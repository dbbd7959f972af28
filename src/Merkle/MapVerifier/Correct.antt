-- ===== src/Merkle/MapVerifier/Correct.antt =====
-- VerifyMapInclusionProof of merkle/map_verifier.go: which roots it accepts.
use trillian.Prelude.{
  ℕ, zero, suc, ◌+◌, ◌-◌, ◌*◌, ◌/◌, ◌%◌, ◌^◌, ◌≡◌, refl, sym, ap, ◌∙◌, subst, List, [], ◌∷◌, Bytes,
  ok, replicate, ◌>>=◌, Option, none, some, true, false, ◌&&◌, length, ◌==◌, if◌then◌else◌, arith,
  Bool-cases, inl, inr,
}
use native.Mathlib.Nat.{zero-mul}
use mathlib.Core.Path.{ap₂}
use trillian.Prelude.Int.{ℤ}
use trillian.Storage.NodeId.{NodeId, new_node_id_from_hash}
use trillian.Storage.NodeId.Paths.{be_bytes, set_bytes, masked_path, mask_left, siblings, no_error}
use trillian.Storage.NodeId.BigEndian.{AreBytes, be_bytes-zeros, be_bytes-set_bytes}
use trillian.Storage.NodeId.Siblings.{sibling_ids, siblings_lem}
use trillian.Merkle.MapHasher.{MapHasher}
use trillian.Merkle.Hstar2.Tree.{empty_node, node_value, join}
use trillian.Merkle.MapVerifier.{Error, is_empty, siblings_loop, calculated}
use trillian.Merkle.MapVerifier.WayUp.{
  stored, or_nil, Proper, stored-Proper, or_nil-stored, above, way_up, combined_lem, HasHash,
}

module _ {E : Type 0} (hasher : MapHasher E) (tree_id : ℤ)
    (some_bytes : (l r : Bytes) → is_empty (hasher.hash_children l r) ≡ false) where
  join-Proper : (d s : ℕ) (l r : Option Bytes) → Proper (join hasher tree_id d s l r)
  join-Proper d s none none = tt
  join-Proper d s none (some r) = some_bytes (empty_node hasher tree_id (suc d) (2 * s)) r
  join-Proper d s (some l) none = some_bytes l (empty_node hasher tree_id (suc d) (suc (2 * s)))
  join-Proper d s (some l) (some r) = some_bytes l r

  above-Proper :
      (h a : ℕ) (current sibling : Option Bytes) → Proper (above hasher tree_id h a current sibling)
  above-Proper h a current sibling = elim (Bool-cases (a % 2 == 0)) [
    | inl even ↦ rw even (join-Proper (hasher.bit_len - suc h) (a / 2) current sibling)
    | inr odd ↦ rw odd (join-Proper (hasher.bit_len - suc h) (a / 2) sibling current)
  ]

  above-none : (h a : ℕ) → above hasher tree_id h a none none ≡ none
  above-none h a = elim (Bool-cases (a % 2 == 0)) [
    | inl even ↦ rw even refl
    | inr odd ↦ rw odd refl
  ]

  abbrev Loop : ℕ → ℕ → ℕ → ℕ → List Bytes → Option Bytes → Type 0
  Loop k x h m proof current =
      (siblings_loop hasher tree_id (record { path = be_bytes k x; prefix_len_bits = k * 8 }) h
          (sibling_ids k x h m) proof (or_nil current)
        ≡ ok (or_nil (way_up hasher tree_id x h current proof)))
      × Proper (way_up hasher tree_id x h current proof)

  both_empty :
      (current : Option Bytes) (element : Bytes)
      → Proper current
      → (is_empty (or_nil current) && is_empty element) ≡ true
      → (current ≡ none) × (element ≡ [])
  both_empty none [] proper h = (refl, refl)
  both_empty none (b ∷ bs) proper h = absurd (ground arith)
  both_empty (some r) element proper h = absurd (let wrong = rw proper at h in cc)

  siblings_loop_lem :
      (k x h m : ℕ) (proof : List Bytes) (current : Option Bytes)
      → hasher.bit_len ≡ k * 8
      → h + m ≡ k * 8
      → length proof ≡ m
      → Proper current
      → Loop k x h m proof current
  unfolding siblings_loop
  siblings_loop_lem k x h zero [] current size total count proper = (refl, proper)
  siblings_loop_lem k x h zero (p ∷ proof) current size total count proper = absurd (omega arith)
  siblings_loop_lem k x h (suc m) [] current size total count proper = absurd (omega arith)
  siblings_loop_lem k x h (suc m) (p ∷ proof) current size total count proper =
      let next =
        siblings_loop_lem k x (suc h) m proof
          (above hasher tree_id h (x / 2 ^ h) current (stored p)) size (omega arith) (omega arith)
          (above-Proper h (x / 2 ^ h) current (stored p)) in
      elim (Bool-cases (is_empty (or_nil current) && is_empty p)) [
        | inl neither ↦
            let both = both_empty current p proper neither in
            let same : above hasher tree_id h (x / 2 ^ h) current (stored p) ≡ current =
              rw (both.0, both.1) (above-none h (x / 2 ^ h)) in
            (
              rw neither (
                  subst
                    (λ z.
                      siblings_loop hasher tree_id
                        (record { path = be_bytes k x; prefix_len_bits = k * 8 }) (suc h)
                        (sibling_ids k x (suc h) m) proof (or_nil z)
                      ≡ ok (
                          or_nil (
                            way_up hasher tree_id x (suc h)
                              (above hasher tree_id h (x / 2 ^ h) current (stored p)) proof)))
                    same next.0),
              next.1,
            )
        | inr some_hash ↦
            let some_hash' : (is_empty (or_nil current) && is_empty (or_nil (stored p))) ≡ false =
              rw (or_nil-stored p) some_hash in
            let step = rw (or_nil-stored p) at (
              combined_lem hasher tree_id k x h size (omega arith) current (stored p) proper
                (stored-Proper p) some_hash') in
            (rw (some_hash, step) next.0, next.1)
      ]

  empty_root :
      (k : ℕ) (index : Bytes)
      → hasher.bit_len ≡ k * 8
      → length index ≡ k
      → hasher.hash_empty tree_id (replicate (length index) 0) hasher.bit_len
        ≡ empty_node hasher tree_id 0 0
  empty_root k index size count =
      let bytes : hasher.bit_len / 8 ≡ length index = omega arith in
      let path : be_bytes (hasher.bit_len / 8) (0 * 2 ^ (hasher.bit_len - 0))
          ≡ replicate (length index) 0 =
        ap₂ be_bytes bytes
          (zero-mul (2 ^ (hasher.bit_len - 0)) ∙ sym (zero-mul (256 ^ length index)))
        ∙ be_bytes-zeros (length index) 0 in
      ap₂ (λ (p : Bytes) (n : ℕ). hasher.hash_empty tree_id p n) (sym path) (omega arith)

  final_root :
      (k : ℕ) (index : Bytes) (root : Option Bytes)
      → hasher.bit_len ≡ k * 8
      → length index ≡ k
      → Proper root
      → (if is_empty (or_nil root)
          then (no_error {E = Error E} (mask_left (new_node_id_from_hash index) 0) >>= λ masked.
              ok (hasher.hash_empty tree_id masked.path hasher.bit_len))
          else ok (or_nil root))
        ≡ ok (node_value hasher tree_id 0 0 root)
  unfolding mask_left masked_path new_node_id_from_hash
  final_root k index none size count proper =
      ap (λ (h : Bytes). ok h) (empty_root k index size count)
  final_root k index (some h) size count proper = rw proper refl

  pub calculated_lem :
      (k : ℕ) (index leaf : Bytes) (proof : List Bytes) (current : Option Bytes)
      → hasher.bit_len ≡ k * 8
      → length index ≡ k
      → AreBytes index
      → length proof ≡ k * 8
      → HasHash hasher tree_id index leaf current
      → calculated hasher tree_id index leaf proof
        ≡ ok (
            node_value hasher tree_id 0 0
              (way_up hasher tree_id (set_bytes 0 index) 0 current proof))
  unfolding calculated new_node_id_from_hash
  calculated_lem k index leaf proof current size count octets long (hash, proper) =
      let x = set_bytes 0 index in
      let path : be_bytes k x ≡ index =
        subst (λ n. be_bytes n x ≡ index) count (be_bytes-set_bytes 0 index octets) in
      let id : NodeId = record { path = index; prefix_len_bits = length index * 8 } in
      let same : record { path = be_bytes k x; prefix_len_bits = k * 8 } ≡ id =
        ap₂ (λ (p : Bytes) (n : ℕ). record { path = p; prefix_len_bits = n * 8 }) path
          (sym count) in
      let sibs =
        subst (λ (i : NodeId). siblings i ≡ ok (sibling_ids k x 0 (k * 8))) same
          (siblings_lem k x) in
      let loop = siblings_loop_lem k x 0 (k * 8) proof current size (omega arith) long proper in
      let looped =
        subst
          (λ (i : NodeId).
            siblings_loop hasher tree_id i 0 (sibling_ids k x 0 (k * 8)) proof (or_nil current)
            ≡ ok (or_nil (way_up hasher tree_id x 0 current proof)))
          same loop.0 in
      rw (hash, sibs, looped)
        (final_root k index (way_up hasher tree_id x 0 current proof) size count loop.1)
-- -- --
### [Your goal]
Every line from the line containing "(some_bytes : (l" through the line containing "join-Proper d s (some l) none" in the records above must be retyped exactly. Leave out the rest.

### [Reply]
    (some_bytes : (l r : Bytes) → is_empty (hasher.hash_children l r) ≡ false) where
  join-Proper : (d s : ℕ) (l r : Option Bytes) → Proper (join hasher tree_id d s l r)
  join-Proper d s none none = tt
  join-Proper d s none (some r) = some_bytes (empty_node hasher tree_id (suc d) (2 * s)) r
  join-Proper d s (some l) none = some_bytes l (empty_node hasher tree_id (suc d) (suc (2 * s)))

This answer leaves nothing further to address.